Every line holding the word "done" should be copied from the material.

## MATERIAL FOR THE TASK
_ _ _ _
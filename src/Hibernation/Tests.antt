-- ===== src/Hibernation/Tests.antt =====
-- The AWS provider over two groups, of which one hibernates.
use katalyst.Prelude.{
  ℕ, ◌≤◌, String, ◌≡◌, refl, ap, ◌∙◌, inl, inr, Bool, true, false, Option, none, some, [], ◌∷◌,
  arith, str_eq, eq_iff, ltb, if◌then◌else◌, Bool-cases, Option-cases,
}
use katalyst.Prelude.GoMap.{GoMap, lookup, insert, lookup-insert}
use katalyst.Hibernation.{
  Controller, new_controller, save_state, load_state, Cloud, returns, hibernate_groups, wake,
}
use katalyst.Hibernation.Reliable.{IsReliable, listing, HasSizesOf}
use katalyst.Hibernation.Provider.{scale_node_group}
use katalyst.Hibernation.Restore.{hibernate-wake, hibernate-load_state}
use katalyst.Hibernation.Failures.{wake-refused}

abbrev Sizes : Type 0
Sizes = GoMap (ℕ × ℕ)

abbrev size_or_none : Option (ℕ × ℕ) → ℕ × ℕ
size_or_none none = (0, 0)
size_or_none (some s) = s

abbrev desired : String → Sizes → ℕ
desired k c = (size_or_none (lookup k c)).0

abbrev minimum : String → Sizes → ℕ
minimum k c = (size_or_none (lookup k c)).1

abbrev registry : GoMap String
registry = ("id-a", "workers") ∷ ("id-b", "control") ∷ []

-- A cloud behind the AWS provider: of the groups of the registry only, with at most ten nodes each.
abbrev limits : String → Sizes → Option (ℕ × ℕ)
limits i c = elim (lookup i registry) [ none ↦ none | some name ↦ some (minimum i c, 10) ]

abbrev scale_asg : String → ℕ → Sizes → Sizes × Bool
scale_asg i n c = (insert i (n, minimum i c) c, true)

-- A minimum above the desired size raises that.
abbrev set_asg_min : String → ℕ → Sizes → Sizes × Bool
set_asg_min i n c = elim (lookup i registry) [
  | none ↦ (c, false)
  | some name ↦
      if ltb 10 n
      then (c, false)
      else (insert i ((if ltb (desired i c) n then n else desired i c), n) c, true)
]

abbrev aws : Cloud Sizes
aws = record {
  discover = λ c. some (listing desired minimum registry c);
  set_min = set_asg_min;
  scale_to = scale_node_group limits scale_asg;
}

insert-HasSizesOf :
    (i : String) (s : ℕ × ℕ) (c : Sizes) (k : String)
    → str_eq i k ≡ false
    → HasSizesOf desired minimum k (insert i s c) c
unfolding HasSizesOf
insert-HasSizesOf i s c k h =
    let e : lookup k (insert i s c) ≡ lookup k c = lookup-insert i k s c ∙ rw h in
    (ap (λ o. (size_or_none o).0) e, ap (λ o. (size_or_none o).1) e)

sizes-insert : (i : String) (s : ℕ × ℕ) (c : Sizes) → size_or_none (lookup i (insert i s c)) ≡ s
sizes-insert i s c =
    let e : lookup i (insert i s c) ≡ some s = lookup-insert i i s c ∙ rw ((eq_iff i i).1 refl) in
    ap size_or_none e

set_asg_min-sets :
    (i name : String) (n : ℕ) (c : Sizes)
    → lookup i registry ≡ some name
    → n ≤ 10
    → ((set_asg_min i n c).1 ≡ true) × (minimum i (set_asg_min i n c).0 ≡ n)
set_asg_min-sets i name n c known h =
    let fine : ltb 10 n ≡ false = ground arith in
    let done : set_asg_min i n c
        ≡ (insert i ((if ltb (desired i c) n then n else desired i c), n) c, true) =
      rw (set_asg_min, known, fine) in
    (ap (λ r. r.1) done, ap (λ r. minimum i r.0) done ∙ ap (λ s. s.1) (sizes-insert i _ c))

set_asg_min-others :
    (i : String) (n : ℕ) (c : Sizes) (k : String)
    → str_eq i k ≡ false
    → HasSizesOf desired minimum k (set_asg_min i n c).0 c
unfolding HasSizesOf
set_asg_min-others i n c k h = elim (Option-cases (lookup i registry)) [
  | inl e ↦ rw (set_asg_min, e) (refl, refl)
  | inr (name, e) ↦ elim (Bool-cases (ltb 10 n)) [
    | inl y ↦ rw (set_asg_min, e, y) (refl, refl)
    | inr fine ↦ rw (set_asg_min, e, fine) (insert-HasSizesOf i _ c k h)
  ]
]

aws-scales :
    (i name : String) (n : ℕ) (c : Sizes)
    → lookup i registry ≡ some name
    → minimum i c ≤ n
    → n ≤ 10
    → scale_node_group limits scale_asg i n c ≡ (insert i (n, minimum i c) c, true)
unfolding scale_node_group
aws-scales i name n c known low high =
    let above : ltb n (minimum i c) ≡ false = ground (arith, low) in
    let below : ltb 10 n ≡ false = ground (arith, high) in
    rw (scale_node_group, limits, known, above, below)

aws-others :
    (i : String) (n : ℕ) (c : Sizes) (k : String)
    → str_eq i k ≡ false
    → HasSizesOf desired minimum k (scale_node_group limits scale_asg i n c).0 c
unfolding HasSizesOf scale_node_group
aws-others i n c k h = elim (Option-cases (lookup i registry)) [
  | inl e ↦ rw (scale_node_group, limits, e) (refl, refl)
  | inr (name, e) ↦ elim (Bool-cases (ltb n (minimum i c))) [
    | inl y ↦ rw (scale_node_group, limits, e, y) (refl, refl)
    | inr above ↦ elim (Bool-cases (ltb 10 n)) [
      | inl y ↦ rw (scale_node_group, limits, e, above, y) (refl, refl)
      | inr below ↦
          rw (scale_node_group, limits, e, above, below)
            (insert-HasSizesOf i (n, minimum i c) c k h)
    ]
  ]
]

abbrev aws-IsReliable : IsReliable desired minimum aws registry
aws-IsReliable = record {
  maximum = λ i. 10;
  discovers = λ c. refl;
  set_min-sets = set_asg_min-sets;
  set_min-others = set_asg_min-others;
  scale_to-sets = λ i name n c known low high.
      let done = aws-scales i name n c known low high in
      (
        ap (λ r. r.1) done,
        ap (λ r. desired i r.0) done ∙ ap (λ s. s.0) (sizes-insert i (n, minimum i c) c),
        ap (λ r. minimum i r.0) done ∙ ap (λ s. s.1) (sizes-insert i (n, minimum i c) c),
      );
  scale_to-others = aws-others;
}

-- Group a has 5 nodes and a minimum of 3, group b is excluded.
abbrev start : Sizes
start = ("id-a", (5, 3)) ∷ ("id-b", (2, 2)) ∷ []

hibernate-wake_example :
    (asleep : Controller) × (slept : Sizes) × (woken : Sizes) × (hibernate_groups aws
        ("control" ∷ [])
        new_controller
        start
      ≡ returns asleep slept none (some (save_state asleep)))
    × (wake aws true asleep slept
        ≡ returns new_controller woken none (some (save_state new_controller)))
    × (desired "id-a" slept ≡ 1)
    × (desired "id-a" woken ≡ desired "id-a" start)
    × (minimum "id-a" woken ≡ minimum "id-a" start)
unfolding lookup
hibernate-wake_example =
    hibernate-wake desired minimum aws registry aws-IsReliable ("control" ∷ []) start "id-a"
      "workers" "id-a" "workers" (refl, (refl, tt)) refl refl (omega arith) refl (omega arith)
      (omega arith) (omega arith)

hibernate-load_state_example :
    (asleep : Controller) × (slept : Sizes) × (woken : Sizes) × (hibernate_groups aws
        ("control" ∷ [])
        new_controller
        start
      ≡ returns asleep slept none (some (save_state asleep)))
    × (wake aws true (load_state (save_state asleep) new_controller) slept
        ≡ returns new_controller woken none (some (save_state new_controller)))
    × (desired "id-a" slept ≡ 1)
    × (desired "id-a" woken ≡ desired "id-a" start)
    × (minimum "id-a" woken ≡ minimum "id-a" start)
unfolding lookup
hibernate-load_state_example =
    hibernate-load_state desired minimum aws registry aws-IsReliable ("control" ∷ []) start "id-a"
      "workers" "id-a" "workers" (refl, (refl, tt)) refl refl (omega arith) refl (omega arith)
      (omega arith) (omega arith) (omega arith)

-- The same cloud, refusing every change.
abbrev broken : Cloud Sizes
broken = record {
  discover = λ c. some (listing desired minimum registry c);
  set_min = λ i n c. (c, false);
  scale_to = λ i n c. (c, false);
}

abbrev sleeping : Controller
sleeping = record {
  hibernated = true;
  saved_desired = ("id-a", 5) ∷ [];
  saved_min = ("id-a", 3) ∷ [];
}

wake-refused_example :
    wake broken true sleeping start
    ≡ returns new_controller start none (some (save_state new_controller))
wake-refused_example =
    wake-refused broken (λ i n at. refl, λ i n at. refl) sleeping
      (listing desired minimum registry start) start refl refl
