-- ===== src/Metrics.antt =====
-- internal/metrics: the time series of nodes and pods in memory.
pub mod Store
pub mod Sorting
pub mod Percentiles
pub mod Ages
pub mod Cap
mod Tests
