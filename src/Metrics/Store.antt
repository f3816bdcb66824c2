-- ===== src/Metrics/Store.antt =====
-- internal/metrics/store.go. Times are nanoseconds since the epoch, and the current time is an argument.
-- `t.Before(now - d)` is t + d < now. What is handed to the writer is returned: the rows of one write,
-- or nothing. Reading the tables at start is left out. `sort.Slice` leaves the order of equal times
-- open; here it is an insertion sort.
use katalyst.Prelude.{
  ℕ, zero, suc, ◌+◌, ◌-◌, ◌*◌, ◌/◌, String, Bool, true, false, ◌&&◌, not, Option, none, some, List,
  [], ◌∷◌, ◌++◌, map, ltb, leb, ◌==◌, if◌then◌else◌, length, take, keep,
}
use Prim.Native.String.{◌++◌ as str_append}
use katalyst.Prelude.GoMap.{GoMap, lookup, insert, erase, retain}
use katalyst.Prelude.Words.{lt64}

pub record DataPoint : Type 0 where
  pub timestamp : ℕ
  pub cpu_usage : ℕ
  pub memory_usage : ℕ

pub record Store : Type 0 where
  pub node_series : GoMap (List DataPoint)
  pub pod_series : GoMap (List DataPoint)
  pub retention : ℕ
  pub has_writer : Bool

-- A row of `node_metrics` or `pod_metrics`: its key columns, the time in seconds and the values.
pub record Row : Type 0 where
  pub columns : List String
  pub ts : ℕ
  pub cpu : ℕ
  pub mem : ℕ

pub record NodeMetrics : Type 0 where
  pub name : String
  pub timestamp : ℕ
  pub cpu_usage : ℕ
  pub memory_usage : ℕ

pub record ContainerMetrics : Type 0 where
  pub name : String
  pub cpu_usage : ℕ
  pub memory_usage : ℕ

pub record PodMetrics : Type 0 where
  pub namespace : String
  pub name : String
  pub timestamp : ℕ
  pub containers : List ContainerMetrics

pub record MetricsWindow : Type 0 where
  pub start : ℕ
  pub end : ℕ
  pub data_points : ℕ
  pub p50_cpu : ℕ
  pub p95_cpu : ℕ
  pub p99_cpu : ℕ
  pub max_cpu : ℕ
  pub p50_memory : ℕ
  pub p95_memory : ℕ
  pub p99_memory : ℕ
  pub max_memory : ℕ

-- `maxPodSeriesKeys`, and 1.2 times as much.
abbrev pub max_pod_series_keys : ℕ
max_pod_series_keys = 100000

abbrev pub inline_cleanup_keys : ℕ
inline_cleanup_keys = 120000

abbrev pub nanos_per_second : ℕ
nanos_per_second = 1000000000

abbrev pub new_store : ℕ → Bool → Store
new_store retention has_writer = record {
  node_series = [];
  pod_series = [];
  retention = retention;
  has_writer = has_writer;
}

abbrev pub points_or_none : Option (List DataPoint) → List DataPoint
points_or_none none = []
points_or_none (some ps) = ps

-- The points from the first one on that is not too old.
unfoldable pub skip_old : ℕ → ℕ → List DataPoint → List DataPoint
skip_old retention now [] = []
skip_old retention now (p ∷ ps) =
    let rest = skip_old retention now ps in
    if ltb (p.timestamp + retention) now then rest else p ∷ ps

abbrev pub put_points : String → List DataPoint → GoMap (List DataPoint) → GoMap (List DataPoint)
put_points key [] series = erase key series
put_points key (p ∷ ps) series = insert key (p ∷ ps) series

-- Nothing is written when no point is too old.
unfoldable pub evict : ℕ → ℕ → String → GoMap (List DataPoint) → GoMap (List DataPoint)
unfolding skip_old
evict retention now key series =
    let points = points_or_none (lookup key series) in
    let remaining = skip_old retention now points in
    if length remaining == length points then series else put_points key remaining series

unfoldable pub append_point : String → DataPoint → GoMap (List DataPoint) → GoMap (List DataPoint)
append_point key p series = insert key (points_or_none (lookup key series) ++ p ∷ []) series

unfoldable pub record_node_metrics : ℕ → NodeMetrics → Store → Store × Option (List Row)
unfolding append_point evict
record_node_metrics now m s =
    let p : DataPoint = record {
      timestamp = m.timestamp;
      cpu_usage = m.cpu_usage;
      memory_usage = m.memory_usage;
    } in
    let row : Row = record {
      columns = m.name ∷ [];
      ts = m.timestamp / nanos_per_second;
      cpu = m.cpu_usage;
      mem = m.memory_usage;
    } in
    (
      record s { node_series = evict s.retention now m.name (append_point m.name p s.node_series) },
      if s.has_writer then some (row ∷ []) else none,
    )

abbrev pub pod_key : String → String → String → String
pod_key namespace pod container =
    str_append namespace (str_append "/" (str_append pod (str_append "/" container)))

abbrev pub last_timestamp : DataPoint → List DataPoint → ℕ
last_timestamp p [] = p.timestamp
last_timestamp p (q ∷ ps) = last_timestamp q ps

-- Whether a series has a point within the retention time.
abbrev pub is_live : ℕ → ℕ → String → List DataPoint → Bool
is_live retention now key [] = false
is_live retention now key (p ∷ ps) = not (ltb (last_timestamp p ps + retention) now)

-- The keys with the times of their last points; a series without points is left out.
unfoldable pub key_ages : GoMap (List DataPoint) → GoMap ℕ
key_ages [] = []
key_ages ((k, []) ∷ series) = key_ages series
key_ages ((k, p ∷ ps) ∷ series) = (k, last_timestamp p ps) ∷ key_ages series

abbrev pub has_points : String → List DataPoint → Bool
has_points key [] = false
has_points key (p ∷ ps) = true

abbrev pub insert_age : String → ℕ → GoMap ℕ → GoMap ℕ
insert_age k t [] = (k, t) ∷ []
insert_age k t ((j, u) ∷ ages) =
    let rest = insert_age k t ages in if ltb u t then (j, u) ∷ rest else (k, t) ∷ (j, u) ∷ ages

unfoldable pub sort_ages : GoMap ℕ → GoMap ℕ
sort_ages [] = []
sort_ages ((k, t) ∷ ages) = insert_age k t (sort_ages ages)

unfoldable pub erase_all : GoMap ℕ → GoMap (List DataPoint) → GoMap (List DataPoint)
erase_all [] series = series
erase_all ((k, t) ∷ ages) series = erase_all ages (erase k series)

-- The oldest series are evicted until the limit is met.
unfoldable pub drop_oldest : ℕ → GoMap (List DataPoint) → GoMap (List DataPoint)
unfolding key_ages sort_ages erase_all
drop_oldest limit series =
    erase_all (take (length series - limit) (sort_ages (key_ages series))) series

unfoldable pub enforce_cap : ℕ → GoMap (List DataPoint) → GoMap (List DataPoint)
unfolding drop_oldest
enforce_cap limit series =
    if ltb limit (length series) then drop_oldest limit (retain has_points series) else series

-- `cleanupLocked`.
unfoldable pub cleanup : ℕ → Store → Store
unfolding enforce_cap
cleanup now s = record s {
  node_series = retain (is_live s.retention now) s.node_series;
  pod_series = enforce_cap max_pod_series_keys (retain (is_live s.retention now) s.pod_series);
}

-- The loop over the containers.
unfoldable pub record_containers :
    ℕ → ℕ → PodMetrics → List ContainerMetrics → GoMap (List DataPoint) → GoMap (List DataPoint)
unfolding append_point evict
record_containers retention now m [] series = series
record_containers retention now m (c ∷ cs) series =
    let key = pod_key m.namespace m.name c.name in
    let p : DataPoint = record {
      timestamp = m.timestamp;
      cpu_usage = c.cpu_usage;
      memory_usage = c.memory_usage;
    } in
    record_containers retention now m cs (evict retention now key (append_point key p series))

abbrev pub container_row : PodMetrics → ContainerMetrics → Row
container_row m c = record {
  columns = m.namespace ∷ m.name ∷ c.name ∷ [];
  ts = m.timestamp / nanos_per_second;
  cpu = c.cpu_usage;
  mem = c.memory_usage;
}

unfoldable pub record_pod_metrics : ℕ → PodMetrics → Store → Store × Option (List Row)
unfolding record_containers cleanup
record_pod_metrics now m s =
    let t : Store = record s {
      pod_series = record_containers s.retention now m m.containers s.pod_series;
    } in
    (
      if ltb inline_cleanup_keys (length t.pod_series) then cleanup now t else t,
      if s.has_writer && not (length m.containers == 0)
          then some (map (container_row m) m.containers)
          else none,
    )

unfoldable pub insert_value : ℕ → List ℕ → List ℕ
insert_value x [] = x ∷ []
insert_value x (y ∷ ys) = let rest = insert_value x ys in if lt64 y x then y ∷ rest else x ∷ y ∷ ys

unfoldable pub sort_values : List ℕ → List ℕ
unfolding insert_value
sort_values [] = []
sort_values (x ∷ xs) = insert_value x (sort_values xs)

abbrev pub value_at : List ℕ → ℕ → ℕ
value_at [] i = 0
value_at (x ∷ xs) zero = x
value_at (x ∷ xs) (suc i) = value_at xs i

abbrev pub percentile_index : ℕ → ℕ → ℕ
percentile_index pct n = if leb n (pct * n / 100) then n - 1 else pct * n / 100

unfoldable pub percentile : List ℕ → ℕ → ℕ
unfolding sort_values
percentile values pct =
    if length values == 0
    then 0
    else value_at (sort_values values) (percentile_index pct (length (sort_values values)))

abbrev pub greatest : ℕ → List ℕ → ℕ
greatest m [] = m
greatest m (v ∷ vs) = greatest (if lt64 m v then v else m) vs

unfoldable pub max_val : List ℕ → ℕ
max_val [] = 0
max_val (v ∷ vs) = greatest v vs

unfoldable pub window_of : List DataPoint → Option MetricsWindow
unfolding percentile max_val
window_of [] = none
window_of (p ∷ ps) =
    let cpu : List ℕ = map (λ q. q.cpu_usage) (p ∷ ps) in
    let mem : List ℕ = map (λ q. q.memory_usage) (p ∷ ps) in
    some (record {
      start = p.timestamp;
      end = last_timestamp p ps;
      data_points = length (p ∷ ps);
      p50_cpu = percentile cpu 50;
      p95_cpu = percentile cpu 95;
      p99_cpu = percentile cpu 99;
      max_cpu = max_val cpu;
      p50_memory = percentile mem 50;
      p95_memory = percentile mem 95;
      p99_memory = percentile mem 99;
      max_memory = max_val mem;
    })

abbrev pub is_within : ℕ → ℕ → DataPoint → Bool
is_within duration now p = ltb now (p.timestamp + duration)

unfoldable pub compute_window : ℕ → ℕ → List DataPoint → Option MetricsWindow
unfolding window_of
compute_window duration now points = window_of (keep (is_within duration now) points)

unfoldable pub get_node_window : ℕ → ℕ → String → Store → Option MetricsWindow
unfolding compute_window
get_node_window duration now name s =
    compute_window duration now (points_or_none (lookup name s.node_series))

unfoldable pub get_pod_container_window :
    ℕ → ℕ → String → String → String → Store → Option MetricsWindow
unfolding compute_window
get_pod_container_window duration now namespace pod container s =
    compute_window duration now
      (points_or_none (lookup (pod_key namespace pod container) s.pod_series))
_ _ _ _
## SOLUTION TO THE PROBLEM
    let done : set_asg_min i n c
    (ap (λ r. r.1) done, ap (λ r. minimum i r.0) done ∙ ap (λ s. s.1) (sizes-insert i _ c))
      let done = aws-scales i name n c known low high in
        ap (λ r. r.1) done,
        ap (λ r. desired i r.0) done ∙ ap (λ s. s.0) (sizes-insert i (n, minimum i c) c),
        ap (λ r. minimum i r.0) done ∙ ap (λ s. s.1) (sizes-insert i (n, minimum i c) c),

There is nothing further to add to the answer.